Interview by Laura Barnett 

Another view

Plastic surgeon Simon Kay delivers a scathing verdict on the Armando Iannucci-penned opera Skin Deep
  
  


This opera about cosmetic surgery is unremittingly dreadful - the musical equivalent of waterboarding. There's a lot you could say about vanity, appearance, the perception of self, the fact that it's what lies beneath that matters. Unfortunately, Skin Deep doesn't explore any of this.

In Armando Iannucci's libretto, cosmetic surgeon Dr Needlemeier performs yearly operations on his wife at his Alpine clinic, falls in lust with his disfigured receptionist and develops an elixir of youth for which the missing ingredient is a famous person's testicle.

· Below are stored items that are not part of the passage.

-- ===== src/Cms/Builder/Consistent.antt =====
-- cms/enveloped_data_builder.rs: what holds of a builder after any operations.
use qubitcrypt.Effect.{pure, after}
use qubitcrypt.Kdf as Kdf
use qubitcrypt.Wrap as Wrap
use qubitcrypt.Cms.Kemri as Kemri
use qubitcrypt.Prelude.{
  ◌∙◌, ◌≡◌, refl, subst, ◌⊎◌, inl, inr, Bool, true, false, Option, none, Bool-cases, arith,
}
use qubitcrypt.Outcome.{Bytes, Outcome, ok, err, panic, diverges, ok-injective}
use qubitcrypt.Kem.Trait as Kem
use qubitcrypt.Kem.Manager.{KemManager, kem_manager}
use qubitcrypt.Certificate.{Certificate, is_key_encipherment_enabled}
use qubitcrypt.Kdf.{KdfType}
use qubitcrypt.Wrap.{WrapType}
use qubitcrypt.Cea.{
  CeaType, aes128_gcm, aes192_gcm, aes256_gcm, aes128_cbc_pad, aes192_cbc_pad, aes256_cbc_pad,
  is_gcm,
}
use qubitcrypt.Cms.{Crypto, x509}
use qubitcrypt.Cms.Kemri.{Octets, KemRecipientInfoBuilder}
use qubitcrypt.Cms.Sealed.{ContentEncryptionAlgorithmAead}
use qubitcrypt.Cms.Builder.{
  Done, Foreign, EnvelopedDataBuilder, ContentEncryptionAlgorithm, cbc_of, aead_of, new,
  unprotected_attribute, auth_attribute, content, originator_info,
}
use qubitcrypt.Cms.Builder.Recipients.{
  push_kem, kem_recipient, kek_recipient, ktri_recipient, kari_recipient, pwri_recipient,
  ori_recipient,
}

module _ {W R : Type 0} (e : Crypto W R) where
  -- One operation on a builder, whatever its result: the builder that it leaves.
  pub data Step (b : EnvelopedDataBuilder e) : EnvelopedDataBuilder e → Type 0 where
    by_unprotected :
        (a : e.codecs.Attribute) {b' : EnvelopedDataBuilder e}
        → (unprotected_attribute e a b).1 ≡ b'
        → Step b b'
    by_auth :
        (a : e.codecs.Attribute) {b' : EnvelopedDataBuilder e}
        → (auth_attribute e a b).1 ≡ b'
        → Step b b'
    by_content : (c : Bytes) {b' : EnvelopedDataBuilder e} → (content e c b).1 ≡ b' → Step b b'
    by_originator :
        (o : e.codecs.Originator) {b' : EnvelopedDataBuilder e}
        → (originator_info e o b).1 ≡ b'
        → Step b b'
    by_kem :
        (cert : Certificate) (k : KdfType) (t : WrapType) (u : Option (Octets e))
        {b' : EnvelopedDataBuilder e}
        → (kem_recipient e cert k t u b).1 ≡ b'
        → Step b b'
    by_kek :
        (r : Foreign e) {b' : EnvelopedDataBuilder e} → (kek_recipient e r b).1 ≡ b' → Step b b'
    by_ktri :
        (r : Foreign e) {b' : EnvelopedDataBuilder e} → (ktri_recipient e r b).1 ≡ b' → Step b b'
    by_kari :
        (r : Foreign e) {b' : EnvelopedDataBuilder e} → (kari_recipient e r b).1 ≡ b' → Step b b'
    by_pwri :
        (r : Foreign e) {b' : EnvelopedDataBuilder e} → (pwri_recipient e r b).1 ≡ b' → Step b b'
    by_ori :
        (r : Foreign e) {b' : EnvelopedDataBuilder e} → (ori_recipient e r b).1 ≡ b' → Step b b'

  pub data Reached : EnvelopedDataBuilder e → Type 0 where
    started : (t : CeaType) (a : Bool) {b : EnvelopedDataBuilder e} → new e t a ≡ ok b → Reached b
    stepped : {b b' : EnvelopedDataBuilder e} → Reached b → Step b b' → Reached b'

  -- The type of encryption goes with the kind of message, and only an authenticated one has
  -- authenticated attributes.
  pub record IsConsistent (b : EnvelopedDataBuilder e) : Type 0 where
    pub type : is_gcm b.cea_type ≡ b.is_auth_enveloped
    pub attributes : b.is_auth_enveloped ≡ false → b.auth_attributes ≡ none

  new-IsConsistent :
      (t : CeaType) (a : Bool) (b : EnvelopedDataBuilder e) → new e t a ≡ ok b → IsConsistent b
  unfolding new
  new-IsConsistent aes128_gcm true b h =
      subst IsConsistent (ok-injective h) (record { type = refl; attributes = λ _. refl })
  new-IsConsistent aes192_gcm true b h =
      subst IsConsistent (ok-injective h) (record { type = refl; attributes = λ _. refl })
  new-IsConsistent aes256_gcm true b h =
      subst IsConsistent (ok-injective h) (record { type = refl; attributes = λ _. refl })
  new-IsConsistent aes128_cbc_pad false b h =
      subst IsConsistent (ok-injective h) (record { type = refl; attributes = λ _. refl })
  new-IsConsistent aes192_cbc_pad false b h =
      subst IsConsistent (ok-injective h) (record { type = refl; attributes = λ _. refl })
  new-IsConsistent aes256_cbc_pad false b h =
      subst IsConsistent (ok-injective h) (record { type = refl; attributes = λ _. refl })
  new-IsConsistent aes128_gcm false b h = absurd (ground arith)
  new-IsConsistent aes192_gcm false b h = absurd (ground arith)
  new-IsConsistent aes256_gcm false b h = absurd (ground arith)
  new-IsConsistent aes128_cbc_pad true b h = absurd (ground arith)
  new-IsConsistent aes192_cbc_pad true b h = absurd (ground arith)
  new-IsConsistent aes256_cbc_pad true b h = absurd (ground arith)

  true_is_not_false : true ≡ false → ⊥
  true_is_not_false h = ground arith

  auth_attribute-IsConsistent :
      (a : e.codecs.Attribute) (b : EnvelopedDataBuilder e)
      → IsConsistent b
      → IsConsistent (auth_attribute e a b).1
  unfolding auth_attribute
  auth_attribute-IsConsistent a b c = elim (Bool-cases b.is_auth_enveloped) [
    | inl auth ↦
        rw (auth) (record { type = c.type ∙ auth; attributes = λ h. absurd (true_is_not_false h) })
    | inr plain ↦
        rw (plain) (record { type = c.type ∙ plain; attributes = λ _. c.attributes plain })
  ]

  pushed-IsConsistent :
      (r : Outcome KemManager) (f : KemManager → KemRecipientInfoBuilder e)
      (b : EnvelopedDataBuilder e)
      → IsConsistent b
      → IsConsistent (after {B = Done} (pure r b) (λ kem b'. (ok tt, push_kem e (f kem) b'))).1
  pushed-IsConsistent (ok kem) f b c = record { type = c.type; attributes = c.attributes }
  pushed-IsConsistent (err x) f b c = c
  pushed-IsConsistent panic f b c = c
  pushed-IsConsistent diverges f b c = c

  kem_recipient-IsConsistent :
      (cert : Certificate) (k : KdfType) (t : WrapType) (u : Option (Octets e))
      (b : EnvelopedDataBuilder e)
      → IsConsistent b
      → IsConsistent (kem_recipient e cert k t u b).1
  unfolding kem_recipient
  kem_recipient-IsConsistent cert k t u b c =
      elim (Bool-cases (is_key_encipherment_enabled (x509 e) cert)) [
        | inr off ↦ rw (off) c
        | inl on ↦ rw (on) (
            pushed-IsConsistent (Kem.new_from_oid kem_manager cert.public_key_oid)
              (λ kem. Kemri.new e cert kem (Kdf.get_oid k) (Wrap.get_oid t) u) b c)
      ]

  Step-IsConsistent : (b b' : EnvelopedDataBuilder e) → Step b b' → IsConsistent b → IsConsistent b'
  unfolding unprotected_attribute content originator_info kek_recipient ktri_recipient
      kari_recipient pwri_recipient ori_recipient
  Step-IsConsistent b b' (by_auth a h) c = subst IsConsistent h (auth_attribute-IsConsistent a b c)
  Step-IsConsistent b b' (by_kem cert k t u h) c =
      subst IsConsistent h (kem_recipient-IsConsistent cert k t u b c)
  Step-IsConsistent b b' (by_unprotected a h) c =
      subst IsConsistent h (record { type = c.type; attributes = c.attributes })
  Step-IsConsistent b b' (by_content a h) c =
      subst IsConsistent h (record { type = c.type; attributes = c.attributes })
  Step-IsConsistent b b' (by_originator a h) c =
      subst IsConsistent h (record { type = c.type; attributes = c.attributes })
  Step-IsConsistent b b' (by_kek a h) c =
      subst IsConsistent h (record { type = c.type; attributes = c.attributes })
  Step-IsConsistent b b' (by_ktri a h) c =
      subst IsConsistent h (record { type = c.type; attributes = c.attributes })
  Step-IsConsistent b b' (by_kari a h) c =
      subst IsConsistent h (record { type = c.type; attributes = c.attributes })
  Step-IsConsistent b b' (by_pwri a h) c =
      subst IsConsistent h (record { type = c.type; attributes = c.attributes })
  Step-IsConsistent b b' (by_ori a h) c =
      subst IsConsistent h (record { type = c.type; attributes = c.attributes })

  Reached-IsConsistent : (b : EnvelopedDataBuilder e) → Reached b → IsConsistent b
  Reached-IsConsistent b (started t a h) = new-IsConsistent t a b h
  Reached-IsConsistent b (stepped {b = b₀} r s) =
      Step-IsConsistent b₀ b s (Reached-IsConsistent b₀ r)

  aead_of-gcm :
      (t : CeaType) → is_gcm t ≡ true → (x : ContentEncryptionAlgorithmAead) × (aead_of t ≡ ok x)
  unfolding aead_of
  aead_of-gcm aes128_gcm h = (_, refl)
  aead_of-gcm aes192_gcm h = (_, refl)
  aead_of-gcm aes256_gcm h = (_, refl)
  aead_of-gcm aes128_cbc_pad h = absurd (ground arith)
  aead_of-gcm aes192_cbc_pad h = absurd (ground arith)
  aead_of-gcm aes256_cbc_pad h = absurd (ground arith)

  cbc_of-cbc :
      (t : CeaType) → is_gcm t ≡ false → (x : ContentEncryptionAlgorithm) × (cbc_of t ≡ ok x)
  unfolding cbc_of
  cbc_of-cbc aes128_gcm h = absurd (ground arith)
  cbc_of-cbc aes192_gcm h = absurd (ground arith)
  cbc_of-cbc aes256_gcm h = absurd (ground arith)
  cbc_of-cbc aes128_cbc_pad h = (_, refl)
  cbc_of-cbc aes192_cbc_pad h = (_, refl)
  cbc_of-cbc aes256_cbc_pad h = (_, refl)

  -- After any operations on a builder that `new` gave, failed ones included, it is for an authenticated
  -- message and its type is one that `build_auth_enveloped` knows, or it is not, its type is one that
  -- `build_enveloped` knows, and it has no authenticated attributes.
  pub Reached-supported :
      (b : EnvelopedDataBuilder e)
      → Reached b
      → ((b.is_auth_enveloped ≡ true)
          × (x : ContentEncryptionAlgorithmAead) × (aead_of b.cea_type ≡ ok x))
        ⊎ ((b.is_auth_enveloped ≡ false)
            × (b.auth_attributes ≡ none)
            × (x : ContentEncryptionAlgorithm) × (cbc_of b.cea_type ≡ ok x))
  Reached-supported b r =
      let c = Reached-IsConsistent b r in
      elim (Bool-cases b.is_auth_enveloped) [
        | inl auth ↦ let (x, known) = aead_of-gcm b.cea_type (c.type ∙ auth) in inl (auth, x, known)
        | inr plain ↦
            let (x, known) = cbc_of-cbc b.cea_type (c.type ∙ plain) in
            inr (plain, c.attributes plain, x, known)
      ]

There probably are some surgeons as self-congratulatory as Needlemeier (it takes self-confidence to perform any surgery), and I have met surgeons who operate on their wives, though it is considered unethical. In one scene, Needlemeier does a swap: his receptionist gets his wife's face, and vice versa. The scene is well handled, but it leaves questions: does he now love the one that looks like the one he loves, or does he love the one that doesn't? It's very confusing.

Needlemeier's elixir of life makes everyone look the same. That cosmetic surgery does this is utter nonsense. Neither is it frivolous and celebrity-obsessed. Most people who come for cosmetic surgery are ordinary working-class people who, like all of us, dislike something about themselves.

The moment that's just too much to bear comes when the characters decide they don't need the elixir, revert to their wrinkly, saggy-breasted bodies, and sing banal homilies about how it's better to look the way God intended us to, and let's admire each other for our imperfections. Of course it is. Cosmetic surgery doesn't go against such thinking for a moment.

• Professor Simon Kay is a consultant plastic surgeon with Leeds Teaching Hospitals NHS Trust. Skin Deep is at the Grand Theatre, Leeds (0113-222 6222), on Wednesday and on 11 February. Then touring.